I was amazed at how efficient it was at removing paint and thought I'd share the experience. Not sure but I think brake fluid is cheaper than your average tin of paint stripper and well worth considering!

Regards IDP


----------



## Kermit (May 19, 2010)

It will strip off a baked on finish as well, but takes a few days to soften it up.

AND will remove a cars paint job in about one week exactly.
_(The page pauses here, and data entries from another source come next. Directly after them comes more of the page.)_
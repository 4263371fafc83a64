-- ===== src/Prelude/Membership.antt =====
-- Membership that keeps its witness, as a family by recursion, and a predicate read through it.
use Prim.Native.Nat.{ℕ, zero, suc, ◌<◌}
use mathlib.Core.Path.{◌≡◌, refl}
use mathlib.Core.Logic.{◌⊎◌, inl, inr}
use mathlib.Core.Bool.{Bool, true, false}
use mathlib.Core.List.{List, [], ◌∷◌, ◌++◌}
use native.Mathlib.Omega.{arith}
use our_driveway.Prelude.Tests.{Bool-cases}
use our_driveway.Prelude.Lists.{Any, All, any, keep, take, length}

module _ {A : Type 0} where
  abbrev pub In : A → List A → Type 0
  In x xs = Any (λ y. y ≡ x) xs

  pub In-append_left : (x : A) (xs ys : List A) → In x xs → In x (xs ++ ys)
  In-append_left x (y ∷ xs) ys (inl e) = inl e
  In-append_left x (y ∷ xs) ys (inr h) = inr (In-append_left x xs ys h)
  In-append_left x [] ys h = absurd h

  pub In-append_right : (x : A) (xs ys : List A) → In x ys → In x (xs ++ ys)
  In-append_right x [] ys h = h
  In-append_right x (y ∷ xs) ys h = inr (In-append_right x xs ys h)

  pub In-append : (x : A) (xs ys : List A) → In x (xs ++ ys) → In x xs ⊎ In x ys
  In-append x [] ys h = inr h
  In-append x (y ∷ xs) ys (inl e) = inl (inl e)
  In-append x (y ∷ xs) ys (inr h) = elim (In-append x xs ys h) [
    | inl l ↦ inl (inr l)
    | inr r ↦ inr r
  ]

  pub In-keep : (p : A → Bool) (x : A) (xs : List A) → p x ≡ true → In x xs → In x (keep p xs)
  In-keep p x [] e h = absurd h
  In-keep p x (y ∷ xs) e (inl q) = rw (q, e) (inl refl)
  In-keep p x (y ∷ xs) e (inr h) = elim (Bool-cases (p y)) [
    | inl t ↦ rw t (inr (In-keep p x xs e h))
    | inr t ↦ rw t (In-keep p x xs e h)
  ]

  pub In-of-keep : (p : A → Bool) (x : A) (xs : List A) → In x (keep p xs) → In x xs × (p x ≡ true)
  In-of-keep p x [] h = absurd h
  In-of-keep p x (y ∷ xs) h = elim (Bool-cases (p y)) [
    | inl t ↦ elim (rw t at h) [
      | inl e ↦ (inl e, rw (← e) t)
      | inr r ↦ let (i, k) = In-of-keep p x xs r in (inr i, k)
    ]
    | inr t ↦ let (i, k) = In-of-keep p x xs (rw t at h) in (inr i, k)
  ]

  -- A test that no element passes.
  pub not_any : (p : A → Bool) (x : A) (xs : List A) → any p xs ≡ false → In x xs → p x ≡ false
  not_any p x [] e h = absurd h
  not_any p x (y ∷ xs) e (inl q) = rw (← q) (ground arith)
  not_any p x (y ∷ xs) e (inr h) = not_any p x xs (ground arith) h

  pub length-keep-le : (p : A → Bool) (xs : List A) → length (keep p xs) < suc (length xs)
  length-keep-le p [] = omega arith
  length-keep-le p (y ∷ xs) = ground (arith, length-keep-le p xs)

  -- To drop an element that is there makes the list shorter.
  pub length-keep-lt :
      (p : A → Bool) (x : A) (xs : List A) → In x xs → p x ≡ false → length (keep p xs) < length xs
  length-keep-lt p x [] h e = absurd h
  length-keep-lt p x (y ∷ xs) (inl q) e = rw (q, e) (length-keep-le p xs)
  length-keep-lt p x (y ∷ xs) (inr h) e = ground (arith, length-keep-lt p x xs h e)

  pub All-In : (P : A → Type 0) (x : A) (xs : List A) → All P xs → In x xs → P x
  All-In P x [] a h = absurd h
  All-In P x (y ∷ xs) a (inl e) = rw (← e) a.0
  All-In P x (y ∷ xs) a (inr h) = All-In P x xs a.1 h

  pub In-take : (x : A) (n : ℕ) (xs : List A) → In x (take n xs) → In x xs
  In-take x zero xs h = absurd h
  In-take x (suc n) [] h = absurd h
  In-take x (suc n) (y ∷ xs) (inl e) = inl e
  In-take x (suc n) (y ∷ xs) (inr h) = inr (In-take x n xs h)

  pub List-cases : (xs : List A) → (xs ≡ []) ⊎ ((y : A) × (ys : List A) × (xs ≡ y ∷ ys))
  List-cases [] = inl refl
  List-cases (y ∷ ys) = inr (y, ys, refl)

  pub any-snoc :
      (p : A → Bool) (xs : List A) (x : A)
      → any p xs ≡ false
      → p x ≡ false
      → any p (xs ++ x ∷ []) ≡ false
  any-snoc p [] x h e = ground arith
  any-snoc p (y ∷ xs) x h e = ground (arith, any-snoc p xs x)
DAMHIKT

 ;D


----------



## IDP (May 19, 2010)

Have seen brake fluid completely wreck a car paint job overnight !


----------



## krv3000 (May 26, 2010)

HI brake fluid is also good penetrating oil


----------



## HS93 (May 26, 2010)

in the UK you can get a pan cleaner called Fairy power spray, I used it to remove some car paint and some enamel, not as harmful as brake cleaner and can be washed off.
I was very sceptical when someone told me about it but it took it all off after a half hour .

Peter


----------



## Ed T (May 28, 2010)

I've also had good luck using brake FLUID (not cleaner) to remove paint from plastic parts like models where I screwed up the paint job. As always, test in an area you don't care about.


----------



## kcmillin (May 28, 2010)

Is there a specific brake fluid that works best? DOT 3, DOT 4, DOT 5, or any other DOT or no DOT, whatever you think is best. 

Kel


Oh, and a side thought. You may not want to use brake fluid as a paint thinner, if your substraight is made of certain types of plastic. (I'm not sure which ones) You should always do a test, and let it sit for a day or so. It can be extremely corrosive to plastic.


----------



## johnthomp (Jun 1, 2010)

heres another one to consider my grandmother made me clean the limescale out of her kettle a few years ago when i was looking after her she told me to fill it to the brim with cocacola i thought she was either loseing her marbles or haveing me on but 2 hours later when i was asked to rinse it out i was astonished to find the kettle was like brand new inside so later i experimented with the stuff i threw 2 litres down the toilet and that too came up like new and it also found out given enough time it can not only remove paint but annodize and powdercote god only knows what its doing to my guts !!!!


----------



## Ed T (Jun 19, 2010)

Belated reply regarding what kind of brake fluid. DOT 3 or 4 should be the ticket. DOT5 is silicone fluid and won't work at all and you'll never get paint to stick to the part again. WRT Coke as a cleaner, it is a fairly strong acid and will work well on any base material (lime build up for instance), but, while it may affect some paints eventually, it's not first on my list since there are many other choices that work better.


----------